Keluhan melena tidak didahului oleh nyeri dan tenesmus didaerah abdomen. Keluhan juga tidak disertai nyeri didaerah epigastrium yang berhubungan dengan makanan yang timbul beberapa saat atau beberapa jam setelah makan. Keluhan melena tidak didahului nyeri dan perih pada epigastrium yang timbul pada waktu lapar atau nyeri epigastrium pada saat tengah malam yang menyebabkan penderita terbangun. Keluhan tidak didahului vomitus yang hebat. Keluhan juga tidak disertai penurunan berat badan yang drastis dalam 6 bulan terakhir. Riwayat minum obat yang mengandung Fe (-). Riwayat minum obat anti rematik dan analgetik dalam jangka waktu lama (-). Karena keluhan tersebut penderita berobat ke UGD RS Dustira dan disarankan untuk dirawat.

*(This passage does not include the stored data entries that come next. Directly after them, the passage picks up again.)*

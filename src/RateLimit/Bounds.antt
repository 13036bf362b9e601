-- ===== src/RateLimit/Bounds.antt =====
-- What one request does to the deques: their bounds, and what is evicted.
use portfolio_analytics_syst.Prelude.{
  ℕ, ◌+◌, ◌≤◌, String, true, false, ◌||◌, not, List, [], ◌∷◌, ◌++◌, ◌≡◌, refl, arith, inl, inr,
  Bool-cases, All, length, length-append, filter, filter_every, str_eq, ltb,
}
use portfolio_analytics_syst.Prelude.Int.{ℤ}
use portfolio_analytics_syst.RateLimit.Window.{
  WriteEvent, Limits, Windows, is_expired, evict_expired, current_records, at_least_one, admit,
  enforce_ingestion_write_rate_limit,
}

abbrev pub IsWithin : Limits → List WriteEvent → Type 0
IsWithin limits events =
    (length events ≤ limits.max_requests) × (current_records events ≤ limits.max_records)

pub evict_within :
    (limits : Limits) (now : ℕ) (events : List WriteEvent)
    → (length (evict_expired limits now events) ≤ length events)
      × (current_records (evict_expired limits now events) ≤ current_records events)
unfolding evict_expired current_records
evict_within limits now [] = (omega arith, omega arith)
evict_within limits now (e ∷ events) =
    let (n, r) = evict_within limits now events in
    elim (Bool-cases (is_expired limits now e)) [
      | inl h ↦ rw h (omega (arith, n), omega (arith, r))
      | inr h ↦ rw h (omega arith, omega arith)
    ]

current_records-append :
    (xs : List WriteEvent) (e : WriteEvent)
    → current_records (xs ++ e ∷ []) ≡ current_records xs + e.record_count
unfolding current_records
current_records-append [] e = omega arith
current_records-append (x ∷ xs) e = omega (arith, current_records-append xs e)

pub admit-IsWithin :
    (limits : Limits) (now count : ℕ) (events : List WriteEvent)
    → IsWithin limits events
    → IsWithin limits (admit limits now count events).1
unfolding admit
admit-IsWithin limits now count events (n, r) =
    let live = evict_expired limits now events in
    let added : WriteEvent = record { observed_at = now; record_count = count } in
    let (fewer, less) = evict_within limits now events in
    elim (Bool-cases (
      ltb limits.max_requests (length live + 1)
      || ltb limits.max_records (current_records live + count))) [
        | inl h ↦ rw h (omega (arith, fewer, n), omega (arith, less, r))
        | inr h ↦ rw h (
          ground (arith, h, length-append live (added ∷ [])),
          ground (arith, h, current_records-append live added),
        )
      ]

-- With the limit enabled, a write to any endpoint, of any size and at any time, accepted or refused,
-- keeps every endpoint within both limits when all were.
pub enforce_ingestion_write_rate_limit-IsWithin :
    (limits : Limits) (endpoint : String) (count : ℤ) (now : ℕ) (windows : Windows)
    → ((name : String) → IsWithin limits (windows name))
    → limits.enabled ≡ true
    → (name : String)
    → IsWithin limits
        ((enforce_ingestion_write_rate_limit limits endpoint count now windows).1 name)
unfolding enforce_ingestion_write_rate_limit
enforce_ingestion_write_rate_limit-IsWithin limits endpoint count now windows h on name =
    elim (Bool-cases (str_eq name endpoint)) [
      | inl e ↦
          rw (on, e)
            (admit-IsWithin limits now (at_least_one count) (windows endpoint) (h endpoint))
      | inr e ↦ rw (on, e) (h name)
    ]

-- The events stand in the order of their times.
abbrev pub InOrder : List WriteEvent → Type 0
InOrder [] = Unit
InOrder (e ∷ events) = All (λ f. e.observed_at ≤ f.observed_at) events × InOrder events

All-live :
    (limits : Limits) (now : ℕ) (e : WriteEvent) (events : List WriteEvent)
    → is_expired limits now e ≡ false
    → All (λ f. e.observed_at ≤ f.observed_at) events
    → All (λ f. not (is_expired limits now f) ≡ true) events
All-live limits now e [] h k = tt
All-live limits now e (f ∷ events) h (k, ks) =
    (ground (arith, h, k), All-live limits now e events h ks)

-- For events in order of time, evicting from the front drops exactly the expired events.
pub evict_expired-filter :
    (limits : Limits) (now : ℕ) (events : List WriteEvent)
    → InOrder events
    → evict_expired limits now events ≡ filter (λ e. not (is_expired limits now e)) events
unfolding evict_expired filter
evict_expired-filter limits now [] h = refl
evict_expired-filter limits now (e ∷ events) (h, hs) = elim (Bool-cases (is_expired limits now e)) [
  | inl x ↦ rw x (evict_expired-filter limits now events hs)
  | inr x ↦
      rw
        (
          x,
          filter_every (λ f. not (is_expired limits now f)) events
              (All-live limits now e events x h),
        )
        refl
]
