-- ===== src/RateLimit/Deques.antt =====
-- The deque of an endpoint against the log of the writes that were accepted there.
use portfolio_analytics_syst.Prelude.{
  ℕ, ◌+◌, ◌≤◌, Bool, true, false, ◌&&◌, ◌||◌, List, [], ◌∷◌, ◌++◌, ◌≡◌, refl, sym, ap, ◌∙◌, arith,
  inl, inr, Bool-cases, All, All-append, All-weaken, length, filter, filter-append, filter_every,
  leb, ltb, if◌then◌else◌,
}
use portfolio_analytics_syst.RateLimit.Window.{
  WriteEvent, Limits, is_expired, evict_expired, current_records, admit,
}
use portfolio_analytics_syst.RateLimit.Bounds.{IsWithin, InOrder, admit-IsWithin}

-- Less than a window ago, or exactly that.
abbrev pub in_window : Limits → ℕ → WriteEvent → Bool
in_window limits now e = leb now (e.observed_at + limits.window)

-- One more write fits in.
abbrev pub fits : Limits → ℕ → List WriteEvent → Bool
fits limits count events =
    leb (length events + 1) limits.max_requests
    && leb (current_records events + count) limits.max_records

module _ (limits : Limits) where
  -- The deque of an endpoint holds the accepted writes of the last window.
  pub record Tracks (at : ℕ) (log deque : List WriteEvent) : Type 0 where
    pub holds : deque ≡ filter (in_window limits at) log
    pub order : InOrder log
    pub past : All (λ e. e.observed_at ≤ at) log
    pub within : IsWithin limits deque

  later-in_window :
      (now : ℕ) (e : WriteEvent) (events : List WriteEvent)
      → in_window limits now e ≡ true
      → All (λ f. e.observed_at ≤ f.observed_at) events
      → All (λ f. in_window limits now f ≡ true) events
  later-in_window now e [] h k = tt
  later-in_window now e (f ∷ events) h (k, ks) =
      (ground (arith, h, k), later-in_window now e events h ks)

  pub evict-in_window :
      (at now : ℕ) (log : List WriteEvent)
      → at ≤ now
      → InOrder log
      → evict_expired limits now (filter (in_window limits at) log)
        ≡ filter (in_window limits now) log
  unfolding evict_expired filter
  evict-in_window at now [] h o = refl
  evict-in_window at now (e ∷ log) h (k, o) = elim (Bool-cases (in_window limits now e)) [
    | inl live ↦
        let was : in_window limits at e ≡ true = ground (arith, h, live) in
        let kept : is_expired limits now e ≡ false = ground (arith, live) in
        rw (live, was, kept)
          (ap (λ l. e ∷ l)
            (filter_every (in_window limits at) log (later-in_window at e log was k)
              ∙ sym (filter_every (in_window limits now) log (later-in_window now e log live k))))
    | inr gone ↦
        let dropped : is_expired limits now e ≡ true = ground (arith, gone) in
        elim (Bool-cases (in_window limits at e)) [
          | inl was ↦ rw (gone, was, dropped) (evict-in_window at now log h o)
          | inr was ↦ rw (gone, was) (evict-in_window at now log h o)
        ]
  ]

  InOrder-append :
      (log : List WriteEvent) (e : WriteEvent)
      → InOrder log
      → All (λ f. f.observed_at ≤ e.observed_at) log
      → InOrder (log ++ e ∷ [])
  InOrder-append [] e o h = (tt, tt)
  InOrder-append (f ∷ log) e (k, o) (h, hs) = (
    All-append (λ g. f.observed_at ≤ g.observed_at) log (e ∷ []) k (h, tt),
    InOrder-append log e o hs,
  )

  abbrev pub logged : Bool → List WriteEvent → WriteEvent → List WriteEvent
  logged b log e = if b then log ++ e ∷ [] else log

  pub admit-fits :
      (now count at : ℕ) (log deque : List WriteEvent)
      → Tracks at log deque
      → at ≤ now
      → (admit limits now count deque).0 ≡ fits limits count (filter (in_window limits now) log)
  unfolding admit
  admit-fits now count at log deque t h =
      let live : evict_expired limits now deque ≡ filter (in_window limits now) log =
        ap (evict_expired limits now) t.holds ∙ evict-in_window at now log h t.order in
      rw (live) (ground arith)

  now-in_window :
      (now : ℕ) (e : WriteEvent)
      → e.observed_at ≡ now
      → filter (in_window limits now) (e ∷ []) ≡ e ∷ []
  unfolding filter
  now-in_window now e h = ground (arith, h)

  pub admit-Tracks :
      (now count at : ℕ) (log deque : List WriteEvent)
      → Tracks at log deque
      → at ≤ now
      → Tracks now
          (logged
            (admit limits now count deque).0
            log
            (record { observed_at = now; record_count = count }))
          (admit limits now count deque).1
  unfolding admit
  admit-Tracks now count at log deque t h =
      let e : WriteEvent = record { observed_at = now; record_count = count } in
      let live = evict_expired limits now deque in
      let kept : live ≡ filter (in_window limits now) log =
        ap (evict_expired limits now) t.holds ∙ evict-in_window at now log h t.order in
      let earlier : All (λ f. f.observed_at ≤ now) log =
        All-weaken (λ f. f.observed_at ≤ at) (λ f. f.observed_at ≤ now) log
          (λ f k. omega (arith, k, h)) t.past in
      let bounded = admit-IsWithin limits now count deque t.within in
      elim (Bool-cases (
        ltb limits.max_requests (length live + 1)
        || ltb limits.max_records (current_records live + count))) [
          | inl x ↦ record {
            holds = rw (x) kept;
            order = rw (x) t.order;
            past = rw (x) earlier;
            within = bounded;
          }
          | inr x ↦ record {
            holds = rw (x) (
                ap (λ l. l ++ e ∷ []) kept
                ∙ sym (
                    filter-append (in_window limits now) log (e ∷ [])
                    ∙ ap (λ l. filter (in_window limits now) log ++ l) (now-in_window now e refl)));
            order = rw (x) (InOrder-append log e t.order earlier);
            past =
                rw (x)
                  (All-append (λ f. f.observed_at ≤ now) log (e ∷ []) earlier (omega arith, tt));
            within = bounded;
          }
        ]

Satu tahun yang lalu penderita mengeluh asites . Keluhan diikuti oedem pada kedua tungkai. Karena keluhannya penderita berobat ke poli interna RS Dustira dan disarankan untuk dirawat, namun penderita menolak perawatan. Satu bulan kemudian penderita datang kembali ke rumah sakit Dustira dengan keluhan hematemesis dan melena sehingga penderita dirawat. Penderita telah dirawat 2 kali karena keluhan tersebut dengan diagnosa ruptur varises oesofagus. Penderita mendapat pengobatan yang penderita tidak ingat namanya dan mendapat tranfusi yang penderita lupa berapa banyaknya. Setelah perawatan, penderita pulang dengan perbaikan.
Riwayat pernah menderita hepatitis dan buang air kecil berwarna seperti air teh pekat tidak diketahui. Riwayat dicabut gigi, menggunakan suntikan secara bergantian tidak ada.
Riwayat sering minum minuman beralkohol sebelumnya tidak ada.
Riwayat minum obat-obatan untuk penyakit paru-paru dalam jangka waktu lama tidak ada.
Riwayat hipertensi tidak ada.
Riwayat DM tidak ada.
Riwayat penyakit jantung tidak diketahui.
Riwayat perawatan :
Ketika 6 jam perawatan, penderita mengalami hematemesis kurang lebih sebanyak seperempat ember kecil. Selama perawatan, penderita mendapat infus dan obat yang dimasukkan melalui infus. Dosis dan nama obat tidak diketahui oleh penderita.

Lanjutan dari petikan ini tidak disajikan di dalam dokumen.